(Dataset entries)

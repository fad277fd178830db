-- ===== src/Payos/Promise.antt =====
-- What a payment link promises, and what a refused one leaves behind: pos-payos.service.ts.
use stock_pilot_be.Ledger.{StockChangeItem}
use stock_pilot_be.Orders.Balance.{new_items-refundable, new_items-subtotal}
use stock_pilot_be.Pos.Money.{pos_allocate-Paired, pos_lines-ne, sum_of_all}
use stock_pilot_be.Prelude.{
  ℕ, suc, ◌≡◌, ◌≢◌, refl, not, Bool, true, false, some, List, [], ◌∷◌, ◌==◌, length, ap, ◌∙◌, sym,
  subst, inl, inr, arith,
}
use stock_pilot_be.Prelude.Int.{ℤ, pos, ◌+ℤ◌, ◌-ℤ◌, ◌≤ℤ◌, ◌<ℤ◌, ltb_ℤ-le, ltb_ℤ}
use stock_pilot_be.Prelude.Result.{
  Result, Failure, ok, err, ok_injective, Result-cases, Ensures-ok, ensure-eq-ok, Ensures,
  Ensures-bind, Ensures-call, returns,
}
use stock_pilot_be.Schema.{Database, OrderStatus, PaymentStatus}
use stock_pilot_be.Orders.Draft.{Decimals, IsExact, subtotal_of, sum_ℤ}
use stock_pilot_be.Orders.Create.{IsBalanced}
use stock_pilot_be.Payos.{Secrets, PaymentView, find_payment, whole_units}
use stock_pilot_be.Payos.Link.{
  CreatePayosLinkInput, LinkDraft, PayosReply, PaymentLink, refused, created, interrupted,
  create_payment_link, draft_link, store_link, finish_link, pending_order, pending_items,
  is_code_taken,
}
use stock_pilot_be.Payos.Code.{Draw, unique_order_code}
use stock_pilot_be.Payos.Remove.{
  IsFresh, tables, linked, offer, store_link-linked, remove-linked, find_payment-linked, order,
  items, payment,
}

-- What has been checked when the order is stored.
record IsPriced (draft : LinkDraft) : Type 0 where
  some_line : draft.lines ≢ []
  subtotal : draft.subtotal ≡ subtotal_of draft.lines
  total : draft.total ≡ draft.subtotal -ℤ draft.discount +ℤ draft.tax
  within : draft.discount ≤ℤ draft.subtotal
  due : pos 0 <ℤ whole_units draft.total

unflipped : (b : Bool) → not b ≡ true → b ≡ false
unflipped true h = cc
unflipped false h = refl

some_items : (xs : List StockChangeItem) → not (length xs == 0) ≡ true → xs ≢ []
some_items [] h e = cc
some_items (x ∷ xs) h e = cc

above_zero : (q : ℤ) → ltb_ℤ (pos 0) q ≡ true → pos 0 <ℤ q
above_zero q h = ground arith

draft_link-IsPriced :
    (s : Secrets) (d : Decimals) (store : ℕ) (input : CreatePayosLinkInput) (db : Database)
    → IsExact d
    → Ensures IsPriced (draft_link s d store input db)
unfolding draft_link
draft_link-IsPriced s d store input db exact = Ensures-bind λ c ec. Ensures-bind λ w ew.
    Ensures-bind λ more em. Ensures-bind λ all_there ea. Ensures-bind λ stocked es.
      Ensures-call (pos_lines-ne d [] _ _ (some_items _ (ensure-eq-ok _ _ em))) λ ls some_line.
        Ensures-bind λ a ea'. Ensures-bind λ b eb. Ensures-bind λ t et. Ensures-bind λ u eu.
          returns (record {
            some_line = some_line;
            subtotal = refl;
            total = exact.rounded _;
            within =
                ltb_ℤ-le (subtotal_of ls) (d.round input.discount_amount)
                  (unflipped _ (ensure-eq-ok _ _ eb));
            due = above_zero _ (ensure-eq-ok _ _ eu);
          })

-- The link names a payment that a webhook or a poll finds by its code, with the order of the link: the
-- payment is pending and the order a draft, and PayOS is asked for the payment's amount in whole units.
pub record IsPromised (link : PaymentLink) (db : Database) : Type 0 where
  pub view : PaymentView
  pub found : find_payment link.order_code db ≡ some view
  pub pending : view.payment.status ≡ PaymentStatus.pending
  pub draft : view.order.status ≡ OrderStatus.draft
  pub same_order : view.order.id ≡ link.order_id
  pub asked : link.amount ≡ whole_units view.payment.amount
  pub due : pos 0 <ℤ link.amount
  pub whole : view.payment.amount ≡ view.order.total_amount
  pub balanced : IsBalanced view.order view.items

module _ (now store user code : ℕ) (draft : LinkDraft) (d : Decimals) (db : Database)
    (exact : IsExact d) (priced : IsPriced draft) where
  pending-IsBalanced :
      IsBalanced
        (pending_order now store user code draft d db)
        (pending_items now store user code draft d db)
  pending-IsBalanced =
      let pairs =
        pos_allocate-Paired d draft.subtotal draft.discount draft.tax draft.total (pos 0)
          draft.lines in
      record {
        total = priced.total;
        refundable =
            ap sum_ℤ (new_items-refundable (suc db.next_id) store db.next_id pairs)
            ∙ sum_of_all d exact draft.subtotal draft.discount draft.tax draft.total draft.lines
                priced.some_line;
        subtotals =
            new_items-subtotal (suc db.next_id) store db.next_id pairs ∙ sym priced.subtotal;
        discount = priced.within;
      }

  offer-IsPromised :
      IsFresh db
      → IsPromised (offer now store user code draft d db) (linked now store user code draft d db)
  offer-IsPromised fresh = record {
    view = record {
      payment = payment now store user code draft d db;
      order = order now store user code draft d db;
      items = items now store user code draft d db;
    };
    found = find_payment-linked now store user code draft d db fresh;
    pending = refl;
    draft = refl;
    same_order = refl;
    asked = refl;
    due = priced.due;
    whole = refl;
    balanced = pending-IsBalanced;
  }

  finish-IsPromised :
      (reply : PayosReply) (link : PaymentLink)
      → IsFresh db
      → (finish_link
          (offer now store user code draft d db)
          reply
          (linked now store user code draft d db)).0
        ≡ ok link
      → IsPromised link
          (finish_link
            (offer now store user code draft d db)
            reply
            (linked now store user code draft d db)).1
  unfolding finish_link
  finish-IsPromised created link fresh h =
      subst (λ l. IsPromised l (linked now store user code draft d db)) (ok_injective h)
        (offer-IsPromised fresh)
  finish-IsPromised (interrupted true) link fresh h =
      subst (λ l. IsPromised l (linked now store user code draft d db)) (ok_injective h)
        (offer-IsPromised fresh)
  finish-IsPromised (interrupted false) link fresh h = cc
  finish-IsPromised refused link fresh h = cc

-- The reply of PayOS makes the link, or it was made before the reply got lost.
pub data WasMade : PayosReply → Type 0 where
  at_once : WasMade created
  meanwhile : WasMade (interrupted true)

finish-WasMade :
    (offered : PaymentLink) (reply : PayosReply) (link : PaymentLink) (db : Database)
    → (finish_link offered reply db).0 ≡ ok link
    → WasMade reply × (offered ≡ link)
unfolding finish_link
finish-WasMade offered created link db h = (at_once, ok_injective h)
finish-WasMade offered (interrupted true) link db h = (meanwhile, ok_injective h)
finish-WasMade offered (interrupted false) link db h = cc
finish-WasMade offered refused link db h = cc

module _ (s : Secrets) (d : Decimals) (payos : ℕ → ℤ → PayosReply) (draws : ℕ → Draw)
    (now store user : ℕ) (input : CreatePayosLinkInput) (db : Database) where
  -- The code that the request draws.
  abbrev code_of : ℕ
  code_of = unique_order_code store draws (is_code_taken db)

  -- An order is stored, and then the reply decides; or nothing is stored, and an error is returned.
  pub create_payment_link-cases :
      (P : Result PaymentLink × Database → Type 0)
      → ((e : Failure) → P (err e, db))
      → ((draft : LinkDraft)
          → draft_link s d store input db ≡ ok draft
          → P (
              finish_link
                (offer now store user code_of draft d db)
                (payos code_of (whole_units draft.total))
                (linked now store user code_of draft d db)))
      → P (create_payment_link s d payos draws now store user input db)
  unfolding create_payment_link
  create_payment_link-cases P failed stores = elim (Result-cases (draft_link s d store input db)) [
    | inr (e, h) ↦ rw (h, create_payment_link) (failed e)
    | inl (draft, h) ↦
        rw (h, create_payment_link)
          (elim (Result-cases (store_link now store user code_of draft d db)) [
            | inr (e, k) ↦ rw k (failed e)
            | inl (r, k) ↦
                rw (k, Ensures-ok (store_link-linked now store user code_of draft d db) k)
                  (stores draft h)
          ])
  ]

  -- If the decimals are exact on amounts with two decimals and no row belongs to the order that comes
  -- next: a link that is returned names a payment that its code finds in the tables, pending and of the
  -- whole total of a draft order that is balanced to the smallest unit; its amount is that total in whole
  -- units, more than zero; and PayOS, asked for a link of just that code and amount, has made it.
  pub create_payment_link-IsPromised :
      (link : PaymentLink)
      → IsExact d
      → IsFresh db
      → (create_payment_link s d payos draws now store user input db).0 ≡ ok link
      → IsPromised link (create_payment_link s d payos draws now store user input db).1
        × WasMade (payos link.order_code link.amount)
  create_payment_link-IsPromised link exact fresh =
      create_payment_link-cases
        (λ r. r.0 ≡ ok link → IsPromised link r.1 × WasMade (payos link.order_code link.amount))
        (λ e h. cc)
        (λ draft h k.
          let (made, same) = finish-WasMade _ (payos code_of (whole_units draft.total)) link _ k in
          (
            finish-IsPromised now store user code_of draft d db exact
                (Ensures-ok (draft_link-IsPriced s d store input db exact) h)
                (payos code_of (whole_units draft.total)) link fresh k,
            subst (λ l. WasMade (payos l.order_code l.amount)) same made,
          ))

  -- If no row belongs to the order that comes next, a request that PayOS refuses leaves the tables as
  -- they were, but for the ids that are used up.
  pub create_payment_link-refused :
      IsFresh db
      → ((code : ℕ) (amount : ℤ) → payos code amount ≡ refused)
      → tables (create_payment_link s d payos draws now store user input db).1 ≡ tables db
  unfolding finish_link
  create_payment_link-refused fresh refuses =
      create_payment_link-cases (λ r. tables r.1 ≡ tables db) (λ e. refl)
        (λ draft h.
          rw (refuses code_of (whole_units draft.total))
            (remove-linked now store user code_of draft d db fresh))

* _About this task_: Find every line in the records above that holds the word "belongs", and copy each one.

* _Solution to this exercise_:
  -- If the decimals are exact on amounts with two decimals and no row belongs to the order that comes
  -- If no row belongs to the order that comes next, a request that PayOS refuses leaves the tables as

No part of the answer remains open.